It is of note that there were 2 cases of PMP22 duplication – a reciprocal phenomenon of PMP22 deletion leading to Charcot-Marie-Tooth disease type 1A (CMT1A) – among 11,885 neonates so the estimated prevalence of PMP22 duplication was 16.8 per 100,000 (95% CI, 2.8–55.6) or 1:5943 (95% CI, 1/1429–1/10000), which was comparable to the 1:3800–1:12,500 reported by van Paassen and colleagues [3]. However, the prevalence of PMP22 duplication in our cohort could be underestimated because a significant proportion of parents with PMP22 duplication already have CMT1A-related symptoms and may be more likely to request prenatal genetic diagnosis or preimplantation genetic diagnosis (PGD) rather than neonatal screening [9, 10].
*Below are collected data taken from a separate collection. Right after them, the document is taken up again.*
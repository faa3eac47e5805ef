-- ===== src/Lib.antt =====
-- Verification of Morpheus Uplink, a gateway that opens paid sessions with model providers through a
-- router and one wallet, and hands them to the requests of its API keys.
--
-- The program's parts, and the files that model them:
-- * The wallet slot (internal/pool/slot.go): one wallet call at a time, a FIFO queue with a cap for
--   each key. Pool/Slot.antt has the two critical sections of `acquire` (`acquire_enter`,
--   `acquire_leave`), `try_acquire`, `release`, `holds` and the time that `callCtx` gives a call;
--   `step` and `run` let the sections of many goroutines interleave in any order.
-- * Sessions and their leases (internal/pool/lease.go, internal/pool/pool.go). Pool/Lease.antt has the
--   state and the leases (`try_pooled_locked`, `lease_session`, `done`), Pool/Lease/Release.antt the
--   release by a key, Pool/Lease/Sweep.antt the two critical sections of the idle sweep (`claim`,
--   `close_failed`) with the close marks of internal/pool/sweep.go, and Pool/Lease/Drop.antt how
--   sessions enter and leave the pool. Pool/Lease/Steps.antt lets the sections run in
--   any order for which its `Step` has a case; `forget` and the pruning of a scan have none.
-- * The choice of provider (internal/pool/failover.go): Pool/Candidates.antt has the failover memory
--   (cool-downs, stream cuts, exclusions) and `filterCandidates`, Pool/Candidates/Retry.antt the
--   Retry-After of its refusal.
-- * What an open error proves (internal/pool/transient.go): Pool/Transient.antt has the error class,
--   its text tables and the backoff, Pool/Transient/Reads.antt which failed reads are tried again and
--   when a failed open waits on the chain.
-- * One open operation (internal/pool/failover.go, openOp): Pool/Open.antt has its state and backoff,
--   Pool/Open/Adopt.antt the search for a session whose open lost its answer and the adoption of one
--   that the router names, Pool/Open/Walk.antt the walk over the bids under the stake cap, and
--   Pool/Open/Normal.antt the open as a whole (`open_avoiding_cooling`).
-- * Requests and failovers as a whole: Pool/Acquire.antt has `acquire` (internal/pool/lease.go,
--   AcquireCtx), which looks at the pool, waits for the slot, scans the wallet and opens;
--   Pool/Failover.antt has `failover` (internal/pool/failover.go, FailoverCtx), which cools the failed
--   provider, closes its session and opens on another. Each runs alone.
-- * Opens with an unknown outcome (internal/pool/sweep.go): Pool/Attempts.antt has the list of pending
--   attempts. The plan of the boot reconcile (internal/pool/reconcile.go) is in Pool/Reconcile.antt, and
--   a pass with its closes in Pool/Reconcile/Boot.antt.
-- * The scan of the wallet's open sessions (internal/pool/sweep.go): Pool/Scan.antt sorts the listed
--   sessions, Pool/Scan/Apply.antt adopts, prunes and chooses one close (`apply_scan`), and
--   Pool/Scan/Close.antt has one close call and the count of what is close-due.
-- * The admin login (internal/adminauth/lockout.go, internal/adminauth/session.go):
--   Adminauth/Lockout.antt and Adminauth/Sessions.antt. Its second factor (internal/adminauth/totp.go,
--   internal/adminauth/recovery.go, internal/api/second_factor.go) is in Adminauth/Factor.antt, and
--   Adminauth/Factor/Replay.antt runs a sequence of its requests.
-- * The admin console (internal/api/admin_login.go, internal/api/stepup.go, internal/api/hostgate.go,
--   internal/api/csrf.go, internal/api/totp_handlers.go): Admin/Gate.antt has the host gate and the CSRF
--   check, Admin/Access.antt which requests reach a handler (`require_admin`, `require_session`), and
--   Admin/Login.antt the login, the step-up and the ends of sessions, over the state of the lockout, the
--   second factor and the sessions.
-- * The store (internal/store/store.go, internal/keymaker/keymaker.go): Store/Keys.antt has the API keys,
--   Store/Usage.antt the usage rows.
-- * The audit log (internal/auditlog/stream.go): Audit.antt has the live file, its rotated copies and the
--   reading of the newest lines.
-- * The health feeds (internal/catalog/health.go): Catalog.antt has the parse of a file, the rule by which
--   it replaces the copy, and the healthy bids of a model.
-- * The stake of a session (internal/router/stake.go, internal/config/stake_limit.go): Stake.antt, and
--   Stake/Setting.antt for the text of the cap's setting, and Stake/Setting/Format.antt for the cap at boot.
--
-- An open holds the wallet slot while it reads the candidates, calls the router and pools what was
-- opened; its error class decides whether the next bid is tried. The sweep holds the slot while it
-- claims and closes a session. Each section under a mutex is one function from the state before to
-- the state after, and what other goroutines do in between is another step.
--
-- Conventions:
-- * Times and durations are native naturals in nanoseconds, and 0 is the zero time; the time of a
--   section is an argument, so theorems hold for any clock. A difference of times that would be
--   negative is 0 where the source tests the order first.
-- * Counters of type int are unbounded, the uint64 of token ids wraps, and amounts of wei are
--   unbounded as big.Int is.
-- * A string is the list of its bytes, and case and space are those of ASCII: ids, addresses and
--   error texts are ASCII.
-- * A Go map is an association list. Where the source ranges over one and the order shows, the model
--   takes the order of the list, which is any.
-- * A Go pointer that is compared (a slot token, a waiter) is a number taken from a counter.
-- * The clock is past the first minutes of its count, so a time before its zero does not occur.
-- * Hashing of a session cookie is an argument of the definitions that use it; so is a random number.
-- * An open operation runs against a `World` that answers each call, sleep and read of the clock by the
--   number of the tick: any router, any clock and any end of the request is a World.
-- * Three loops have fuel. The eviction of admin sessions has the length of the store, and each round
--   drops a session. The rounds on one bid, and those of the read of the candidates, are five, and each
--   but the last spends one of the operation's four retries.
--
-- Not modelled: HTTP, JSON, the state file and the chain (parameters or out of scope), log lines, the
-- refusals that the status page shows, hooks of the tests; what other requests do between the critical
-- sections of one AcquireCtx or FailoverCtx, the gate and the retries of the boot reconcile, the loops of
-- the sweep, enrolment of the second factor, the list of models, the settings and the other HTTP handlers.
pub mod Base
pub mod Pool
pub mod Adminauth
pub mod Admin
pub mod Store
pub mod Stake
pub mod Audit
pub mod Catalog
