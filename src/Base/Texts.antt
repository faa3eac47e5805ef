-- ===== src/Base/Texts.antt =====
-- Texts as the bytes that the program walks, with what the source uses of package strings.
-- Case and white space are those of ASCII.
use Prim.Native.Nat.{ℕ, ◌+◌}
use Prim.Native.Char.{code}
use Prim.Native.String.{String}
use mathlib.Core.Path.{◌≡◌, refl, ap, ap₂, ◌∙◌}
use mathlib.Core.Bool.{Bool, true, false, ◌&&◌, ◌||◌}
use mathlib.Core.List.{List, [], ◌∷◌, map, reverse, reverse_aux, reverse-reverse}
use native.Mathlib.Omega.{arith}
unfoldable use native.Mathlib.Decide.{ℕ_discrete}
use morpheus_uplink.Base.Lists.{any}
use morpheus_uplink.Base.Tests.{ltb, leb, ◌==◌, if◌then◌else◌}

abbrev pub Text : Type 0
Text = List ℕ

abbrev pub codes : String → Text
codes String.[] = []
codes (String.◌∷◌ c s) = code c ∷ codes s

head_eq : {x y : ℕ} {xs ys : Text} → x ∷ xs ≡ y ∷ ys → x ≡ y
head_eq e = ground arith

tail_eq : {x y : ℕ} {xs ys : Text} → x ∷ xs ≡ y ∷ ys → xs ≡ ys
tail_eq e = ground arith

nil_ne_cons : {x : ℕ} {xs : Text} → ¬ (◌≡◌ {A = Text} [] (x ∷ xs))
nil_ne_cons e = cc

cons_ne_nil : {x : ℕ} {xs : Text} → ¬ (x ∷ xs ≡ [])
cons_ne_nil e = cc

dec_cons : {x y : ℕ} {xs ys : Text} → Dec (x ≡ y) → Dec (xs ≡ ys) → Dec (x ∷ xs ≡ y ∷ ys)
dec_cons (yes p) (yes q) = yes (ap₂ ◌∷◌ p q)
dec_cons (yes p) (no q) = no (λ e. q (tail_eq e))
dec_cons (no p) d = no (λ e. p (head_eq e))

-- `a == b` on strings.
unfoldable pub dec_text : Discrete Text
unfolding dec_cons head_eq tail_eq nil_ne_cons cons_ne_nil ℕ_discrete
dec_text [] [] = yes refl
dec_text [] (y ∷ ys) = no nil_ne_cons
dec_text (x ∷ xs) [] = no cons_ne_nil
dec_text (x ∷ xs) (y ∷ ys) = dec_cons (ℕ_discrete x y) (dec_text xs ys)

abbrev pub same : Text → Text → Bool
same a b = elim (dec_text a b) [ yes _ ↦ true | no _ ↦ false ]

-- `a < b` on strings, byte by byte.
unfoldable pub text_ltb : Text → Text → Bool
text_ltb [] [] = false
text_ltb [] (y ∷ ys) = true
text_ltb (x ∷ xs) [] = false
text_ltb (x ∷ xs) (y ∷ ys) = ltb x y || (x == y && text_ltb xs ys)

abbrev pub lower : ℕ → ℕ
lower c = if leb b'A' c && leb c b'Z' then c + 32 else c

abbrev pub to_lower : Text → Text
to_lower = map lower

abbrev pub is_space : ℕ → Bool
is_space c = c == 32 || (leb 9 c && leb c 13)

abbrev pub trim_left : Text → Text
trim_left [] = []
trim_left (c ∷ s) = if is_space c then trim_left s else c ∷ s

abbrev pub trim_space : Text → Text
trim_space s = reverse (trim_left (reverse (trim_left s)))

trim_left-any : (s : Text) → any is_space s ≡ false → trim_left s ≡ s
trim_left-any [] h = refl
trim_left-any (c ∷ s) h = ground (arith, h)

any-reverse_aux : (s t : Text) → any is_space (reverse_aux s t) ≡ (any is_space s || any is_space t)
any-reverse_aux [] t = refl
any-reverse_aux (c ∷ s) t = any-reverse_aux s (c ∷ t) ∙ ground arith

pub trim_space-any : (s : Text) → any is_space s ≡ false → trim_space s ≡ s
trim_space-any s h = rw (trim_left-any s h) (
    ap reverse (trim_left-any (reverse s) (any-reverse_aux s [] ∙ ground (arith, h)))
    ∙ reverse-reverse s)

-- `strings.ToLower(strings.TrimSpace(s))`
unfoldable pub lower_trim : Text → Text
lower_trim s = to_lower (trim_space s)

unfoldable pub has_prefix : Text → Text → Bool
has_prefix s [] = true
has_prefix [] (p ∷ ps) = false
has_prefix (c ∷ s) (p ∷ ps) = c == p && has_prefix s ps

unfoldable pub contains : Text → Text → Bool
unfolding has_prefix
contains [] p = has_prefix [] p
contains (c ∷ s) p = has_prefix (c ∷ s) p || contains s p

to_lower_test : lower_trim (codes " 0xAb ") ≡ codes "0xab"
unfolding lower_trim
to_lower_test = refl

contains_test : contains (codes "a b c") (codes "b c") ≡ true
unfolding contains
contains_test = refl
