-- ===== src/Base/Maps.antt =====
-- A Go map with string keys as an association list. Go leaves the order of `range` open; a function
-- of the model that depends on it says so.
use Prim.Native.Nat.{◌+◌, ◌≤◌}
use mathlib.Core.Path.{◌≡◌, refl, sym}
use mathlib.Core.Logic.{ite, if_pos, if_neg}
use mathlib.Core.Logic.{inl, inr}
use mathlib.Core.Bool.{Bool, true}
use mathlib.Core.Option.{Option, none, some}
use mathlib.Core.List.{List, [], ◌∷◌}
use native.Mathlib.Omega.{arith}
use morpheus_uplink.Base.Tests.{if◌then◌else◌, Bool-cases}
use morpheus_uplink.Base.Lists.{length, keep}
use morpheus_uplink.Base.Texts.{Text, dec_text, text_ltb}

abbrev pub Map {ℓ} : Type ℓ → Type ℓ
Map V = List (Text × V)

module _ {ℓ} {V : Type ℓ} where
  -- `v, ok := m[k]`
  unfoldable pub lookup : Text → Map V → Option V
  unfolding dec_text
  lookup k [] = none
  lookup k ((j, v) ∷ m) = ite (dec_text j k) (some v) (lookup k m)

  -- `m[k] = v`
  unfoldable pub insert : Text → V → Map V → Map V
  unfolding dec_text
  insert k v [] = (k, v) ∷ []
  insert k v ((j, w) ∷ m) = ite (dec_text j k) ((j, v) ∷ m) ((j, w) ∷ insert k v m)

  -- `delete(m, k)`
  unfoldable pub delete : Text → Map V → Map V
  unfolding dec_text
  delete k [] = []
  delete k ((j, w) ∷ m) = ite (dec_text j k) (delete k m) ((j, w) ∷ delete k m)

  pub lookup-insert :
      (k j : Text) (v : V) (m : Map V)
      → lookup j (insert k v m) ≡ ite (dec_text k j) (some v) (lookup j m)
  unfolding lookup insert
  lookup-insert k j v [] = refl
  lookup-insert k j v ((i, w) ∷ m) = ground (arith, lookup-insert k j v m)

  pub lookup-insert_self : (k : Text) (v : V) (m : Map V) → lookup k (insert k v m) ≡ some v
  lookup-insert_self k v m = rw (lookup-insert k k v m, if_pos (dec_text k k) refl)

  pub lookup-delete :
      (k j : Text) (m : Map V) → lookup j (delete k m) ≡ ite (dec_text k j) none (lookup j m)
  unfolding lookup delete
  lookup-delete k j [] = ground arith
  lookup-delete k j ((i, w) ∷ m) = ground (arith, lookup-delete k j m)

  pub length-delete-le : (k : Text) (m : Map V) → length (delete k m) ≤ length m
  unfolding delete
  length-delete-le k [] = omega arith
  length-delete-le k ((i, w) ∷ m) = ground (arith, length-delete-le k m)

  pub length-insert-le : (k : Text) (v : V) (m : Map V) → length (insert k v m) ≤ length m + 1
  unfolding insert
  length-insert-le k v [] = omega arith
  length-insert-le k v ((i, w) ∷ m) = ground (arith, length-insert-le k v m)

  -- Each key stands once.
  abbrev pub Distinct : Map V → Type ℓ
  Distinct [] = Unit
  Distinct ((k, v) ∷ m) = (lookup k m ≡ none) × Distinct m

  pub insert-Distinct : (k : Text) (v : V) (m : Map V) → Distinct m → Distinct (insert k v m)
  unfolding insert
  insert-Distinct k v [] d = (unfold lookup in refl, tt)
  insert-Distinct k v ((j, w) ∷ m) d = elim (dec_text j k) [
    | yes e ↦ rw (if_pos _ e) d
    | no n ↦
        rw (if_neg _ n) (
          rw (lookup-insert k j v m) (rw (if_neg _ (λ e. n (sym e))) d.0),
          insert-Distinct k v m d.1,
        )
  ]

  pub delete-Distinct : (k : Text) (m : Map V) → Distinct m → Distinct (delete k m)
  unfolding delete
  delete-Distinct k [] d = tt
  delete-Distinct k ((j, w) ∷ m) d = elim (dec_text j k) [
    | yes e ↦ rw (if_pos _ e) (delete-Distinct k m d.1)
    | no n ↦
        rw (if_neg _ n)
          (rw (lookup-delete k j m) (rw (if_neg _ (λ e. n (sym e))) d.0), delete-Distinct k m d.1)
  ]

  unfoldable pub least_of : Text × V → Option (Text × V) → Text × V
  least_of r none = r
  least_of r (some other) = if text_ltb other.0 r.0 then other else r

  -- The pair with the least key: what stands under `ids[0]` after `sort.Strings(ids)`.
  unfoldable pub least : Map V → Option (Text × V)
  unfolding least_of
  least [] = none
  least (r ∷ rs) = some (least_of r (least rs))

  -- The pair, if there is one, is in the map and passes the test.
  abbrev pub Found : (Text × V → Bool) → Map V → Option (Text × V) → Type ℓ
  Found p m none = Unit
  Found p m (some (k, v)) = (lookup k m ≡ some v) × (p (k, v) ≡ true)

  Found-here :
      (p : Text × V → Bool) (j : Text) (w : V) (m : Map V)
      → p (j, w) ≡ true
      → Found p ((j, w) ∷ m) (some (j, w))
  unfolding lookup
  Found-here p j w m h = (rw (if_pos _ refl), h)

  Found-there :
      (p : Text × V → Bool) (j : Text) (w : V) (m : Map V) (o : Option (Text × V))
      → Distinct ((j, w) ∷ m)
      → Found p m o
      → Found p ((j, w) ∷ m) o
  Found-there p j w m none d h = tt
  Found-there p j w m (some (k, v)) d h = (unfold lookup in rw (if_neg _ apart) h.0, h.1)
    where
      apart : ¬ (j ≡ k)
      apart e = ground (arith, d.0, h.0)

  least_of-Found :
      (p : Text × V → Bool) (j : Text) (w : V) (m : Map V) (o : Option (Text × V))
      → p (j, w) ≡ true
      → Found p ((j, w) ∷ m) o
      → Found p ((j, w) ∷ m) (some (least_of (j, w) o))
  unfolding least_of
  least_of-Found p j w m none h f = Found-here p j w m h
  least_of-Found p j w m (some (k, v)) h f = elim (Bool-cases (text_ltb k j)) [
    | inl e ↦ rw e f
    | inr e ↦ rw e (Found-here p j w m h)
  ]

  pub least-keep : (p : Text × V → Bool) (m : Map V) → Distinct m → Found p m (least (keep p m))
  unfolding least
  least-keep p [] d = tt
  least-keep p ((j, w) ∷ m) d = elim (Bool-cases (p (j, w))) [
    | inl e ↦ rw e (
        least_of-Found p j w m (least (keep p m)) e
          (Found-there p j w m (least (keep p m)) d (least-keep p m d.1)))
    | inr e ↦ rw e (Found-there p j w m (least (keep p m)) d (least-keep p m d.1))
  ]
Our study has several limitations. This study focused on asymptomatic infants. Most of all, the number of study subjects may not be enough to estimate the exact prevalence of rare genetic disorders. Considering that the symptoms of HNPP occur mostly in the second or third decade, the disease prevalence could be overestimated because some individuals with 17p11.2 deletion may not have HNPP phenotype in their life. Nevertheless, this study has the advantage of knowing the baseline frequency of 17p11.2 deletion causing PMP22 Del HNPP. In conclusion, our data suggest that PMP22 Del HNPP might not be uncommon at least in the Korean population.



Copy number variation


Hereditary neuropathy with liability to pressure palsies


Log R ratio


Multiplex ligation-dependent probe amplification


Next-generation sequencing



We would like to thank Ms. Sun Ae Yun who performed the clinical tests. We also would like to thank Ms. Jin Hee Choi, who created the figure.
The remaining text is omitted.